I can't, repeat, can't, afford hardwood, no matter how much I want it. At least I can't see a way yet. With the base at no charge, the top at around 100, and the vises at least 250-300, I am tapped out at 350-400. I won't wait a whole lot longer for a bench and since I am new to the area I haven't found a ready supply of supercheap roughsawn hardwood. I can't think of a way to do it cheaper that will take the punishment. If someone can, I'm open to ideas.
If anyone has any other ideas please let me know. I am very open to critisizm. I pretend to be no expert. If you think the legs will be absalute overkill I could go two 2x8 laminated together. Remember though, it is just construction-grade yellow pine. It is light as hell in my opinion, so more is better, even splayed out a little.
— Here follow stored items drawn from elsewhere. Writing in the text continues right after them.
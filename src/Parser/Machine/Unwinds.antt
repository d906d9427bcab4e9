-- ===== src/Parser/Machine/Unwinds.antt =====
-- How a call of the parser may fail: it never loops, and it unwinds only where a decoder refuses.
use grizol.Prelude.{
  ℕ, List, ap, sym, subst, ◌∙◌, append-nil, append_assoc, ◌≡◌, refl, inl, inr, none, some, [], ◌∷◌,
  ◌++◌, length, arith,
}
use grizol.Prelude.Outcome.{Outcome, ok, >>=-ok, >>=-eq-ok}
use grizol.Prelude.Bytes.{Bytes}
use grizol.Parser.Incoming.{Decoders, ParseError, IncomingMessage, add_data}
use grizol.Parser.Decode.{CompleteMessage, decode-ne-waiting}
use grizol.Parser.Target.{target, IsLoaded, length-le-target, status-IsLoaded, add_data_full}
use grizol.Parser.Machine.{BepDataParser, take_complete, parse_incoming_data}
use grizol.Parser.Machine.Steps.{
  current_of, IsValid, take_complete_waiting, current, current-IsWaiting, step, step-IsValid,
}
use grizol.Parser.Machine.Stream.{behind, parse_bytes, parse_incoming_data-eq-parse_bytes}
use grizol.Parser.Machine.HeaderRead.{HasReadHeader, add_data-HasReadHeader}
use grizol.Parser.Machine.Refused.{Refused, Fails, Fails->>=, Fails-map, step-Fails}

ok_fst :
    (a b : BepDataParser) (xs ys : List CompleteMessage)
    → ◌≡◌ {A = Outcome ParseError (BepDataParser × List CompleteMessage)} (ok (a, xs)) (ok (b, ys))
    → a ≡ b
ok_fst a b xs ys e = cc

module _ (decoders : Decoders) where
  -- The bytes that a parser holds, of a message that is not complete.
  abbrev pub held : BepDataParser → Bytes
  held p = (current p).data_bytes

  -- The bytes `before` of the buffer are read, `q` holds the end of what came so far, and then `byte` is
  -- refused.
  pub record Refusal (p : BepDataParser) (buf : Bytes) : Type 0 where
    pub before : Bytes
    pub byte : ℕ
    pub after : Bytes
    pub q : BepDataParser
    pub messages : List CompleteMessage
    pub front : Bytes
    pub cut : buf ≡ before ++ byte ∷ after
    pub read : parse_incoming_data decoders p before ≡ ok (q, messages)
    pub rest : held p ++ before ≡ front ++ held q
    pub refused : Refused decoders (current q).auth_status (held q ++ byte ∷ [])

  take_complete_empty :
      (p q : BepDataParser) (im : IncomingMessage) (ms : List CompleteMessage)
      → IsLoaded im
      → length im.data_bytes ≡ target im
      → take_complete decoders (record p { incoming_message = some im }) ≡ ok (q, ms)
      → q.incoming_message ≡ none
  unfolding take_complete
  take_complete_empty p q im ms l f e =
      ground (arith, status-IsLoaded {E = ParseError} im l, decode-ne-waiting decoders im)

  -- A byte is held, or completes what was held.
  step-held :
      (p q : BepDataParser) (byte : ℕ) (ms : List CompleteMessage)
      → IsValid p
      → step decoders p (byte ∷ []) ≡ ok (q, ms)
      → (front : Bytes) × (held p ++ byte ∷ [] ≡ front ++ held q)
  step-held p q byte ms v e =
      let w = current-IsWaiting p v in
      let (im, e₁, e₂) = >>=-eq-ok (add_data decoders (current p) (byte ∷ [])) _ e in
      let (l, d, a) = add_data_full decoders (current p) (byte ∷ []) w (omega arith) e₁ in
      elim (length-le-target im l) [
        | inl full ↦
            let gone : held q ≡ [] =
              ap (λ o. (current_of q.bep_auth_status o).data_bytes)
                (take_complete_empty p q im ms l full e₂) in
            (
              held p ++ byte ∷ [],
              sym (append-nil (held p ++ byte ∷ []))
                  ∙ ap (λ ys. (held p ++ byte ∷ []) ++ ys) (sym gone),
            )
        | inr less ↦
            let kept =
              ok_fst _ q [] ms (sym (take_complete_waiting decoders p im (l, less)) ∙ e₂) in
            ([], sym d ∙ ap held kept)
      ]

  take_complete-HasReadHeader :
      (p q : BepDataParser) (im : IncomingMessage) (ms : List CompleteMessage)
      → IsLoaded im
      → HasReadHeader decoders im
      → take_complete decoders (record p { incoming_message = some im }) ≡ ok (q, ms)
      → HasReadHeader decoders (current q)
  take_complete-HasReadHeader p q im ms l r e = elim (length-le-target im l) [
    | inl full ↦
        subst (λ o. HasReadHeader decoders (current_of q.bep_auth_status o))
          (sym (take_complete_empty p q im ms l full e)) tt
    | inr less ↦
        subst (λ x. HasReadHeader decoders (current x))
          (ok_fst _ q [] ms (sym (take_complete_waiting decoders p im (l, less)) ∙ e)) r
  ]

  step-HasReadHeader :
      (p q : BepDataParser) (byte : ℕ) (ms : List CompleteMessage)
      → IsValid p
      → HasReadHeader decoders (current p)
      → step decoders p (byte ∷ []) ≡ ok (q, ms)
      → HasReadHeader decoders (current q)
  step-HasReadHeader p q byte ms v r e =
      let im = current p in
      let w = current-IsWaiting p v in
      let (im', e₁, e₂) = >>=-eq-ok (add_data decoders im (byte ∷ [])) _ e in
      take_complete-HasReadHeader p q im' ms
        (add_data_full decoders im (byte ∷ []) w (omega arith) e₁).0
        (add_data-HasReadHeader decoders im.auth_status im.header im.data_bytes (byte ∷ []) im' w.0
          r e₁)
        e₂

  read_first :
      (p q : BepDataParser) (byte : ℕ) (before : Bytes) (ms : List CompleteMessage)
      (q' : BepDataParser) (ns : List CompleteMessage)
      → step decoders p (byte ∷ []) ≡ ok (q, ms)
      → parse_bytes decoders q before ≡ ok (q', ns)
      → parse_bytes decoders p (byte ∷ before) ≡ ok (q', ms ++ ns)
  unfolding parse_bytes
  read_first p q byte before ms q' ns e f = >>=-ok _ e (>>=-ok (behind ms) f refl)

  -- The first byte is refused.
  here :
      (p : BepDataParser) (byte : ℕ) (after : Bytes)
      → IsValid p
      → Refused decoders (current p).auth_status (held p ++ byte ∷ [])
      → Refusal p (byte ∷ after)
  unfolding parse_bytes
  here p byte after v refused = record {
    before = [];
    byte = byte;
    after = after;
    q = p;
    messages = [];
    front = [];
    cut = refl;
    read = parse_incoming_data-eq-parse_bytes decoders p [] v;
    rest = append-nil (held p);
    refused = refused;
  }

  -- A byte before the ones that are refused.
  prepend :
      (p q : BepDataParser) (byte : ℕ) (buf : Bytes) (ms : List CompleteMessage)
      → IsValid p
      → step decoders p (byte ∷ []) ≡ ok (q, ms)
      → Refusal q buf
      → Refusal p (byte ∷ buf)
  prepend p q byte buf ms v e r =
      let (front, first) = step-held p q byte ms v e in
      let v' =
        step-IsValid decoders p q (byte ∷ []) ms v (omega arith)
          (omega (arith, (current-IsWaiting p v).1)) e in
      record {
        before = byte ∷ r.before;
        byte = r.byte;
        after = r.after;
        q = r.q;
        messages = ms ++ r.messages;
        front = front ++ r.front;
        cut = ap (λ ys. byte ∷ ys) r.cut;
        read =
            parse_incoming_data-eq-parse_bytes decoders p (byte ∷ r.before) v
            ∙ read_first p q byte r.before ms r.q r.messages e
                (sym (parse_incoming_data-eq-parse_bytes decoders q r.before v') ∙ r.read);
        rest =
            sym (append_assoc (held p) (byte ∷ []) r.before)
            ∙ ap (λ ys. ys ++ r.before) first
            ∙ append_assoc front (held q) r.before
            ∙ ap (λ ys. front ++ ys) r.rest
            ∙ sym (append_assoc front r.front (held r.q));
        refused = r.refused;
      }

  parse_bytes-Fails :
      (bs : Bytes) (p : BepDataParser)
      → IsValid p
      → HasReadHeader decoders (current p)
      → Fails decoders (Refusal p bs) (parse_bytes decoders p bs)
  unfolding parse_bytes
  parse_bytes-Fails [] p v r = tt
  parse_bytes-Fails (b ∷ bs) p v r =
      let w = current-IsWaiting p v in
      Fails->>= decoders _ (step decoders p (b ∷ [])) _
        (Fails-map decoders (λ refused. here p b bs v refused) (step decoders p (b ∷ []))
          (step-Fails decoders p (b ∷ []) v r (omega arith)))
        (λ x e.
          Fails->>= decoders _ (parse_bytes decoders x.0 bs) (behind x.1)
            (Fails-map decoders (prepend p x.0 b bs x.1 v e) (parse_bytes decoders x.0 bs) (
              parse_bytes-Fails bs x.0
                (step-IsValid decoders p x.0 (b ∷ []) x.1 v (omega arith) (omega arith) e)
                (step-HasReadHeader p x.0 b x.1 v r e)))
            (λ y f. tt))

  -- On a valid parser whose header, if it holds one, is the one that its bytes give, and any bytes,
  -- parse_incoming_data does not run out of fuel, and if it unwinds, then the bytes before some byte
  -- of the buffer are read without, and the bytes that the parser holds then, which are the last
  -- ones that came, with this byte are refused: after the hello, the header decoder refuses the
  -- bytes after the first two, of the length that these give; or they are a whole hello, with the
  -- magic number, and the hello decoder refuses the bytes of its length; or they are a whole message
  -- whose header has an unknown type, or is for LZ4 and the bytes behind the length of the message
  -- have no length of the data or do not decompress.
  pub parse_incoming_data_ends :
      (p : BepDataParser) (buf : Bytes)
      → IsValid p
      → HasReadHeader decoders (current p)
      → Fails decoders (Refusal p buf) (parse_incoming_data decoders p buf)
  parse_incoming_data_ends p buf v r =
      rw (parse_incoming_data-eq-parse_bytes decoders p buf v) (parse_bytes-Fails buf p v r)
Sometimes I am hogging a lot of material with a handplane. I set a #6 pretty heavy and go at it. I don't mind the sweat, but I hate chasing a bench. I don't own a planer or jointer, so this is my method until the bucks are there. I am not looking to make the perfect bench. This is just to get the juices going. I haven't bought anything yet so the drawing board is still open for ideas and change.
thanks dave
Dave,
I built my own bench with a maple top and white oak base. I too could not afford hardwood, at least thats what I thought. I ended up stopping a the local saw mill and asked about maple. the guy told me he could get a maple log within a week and slab it up for me to 12/4 x 12" x 6'. I bought four slabs for 90 cents a board foot. the tope and base material cost me about $100.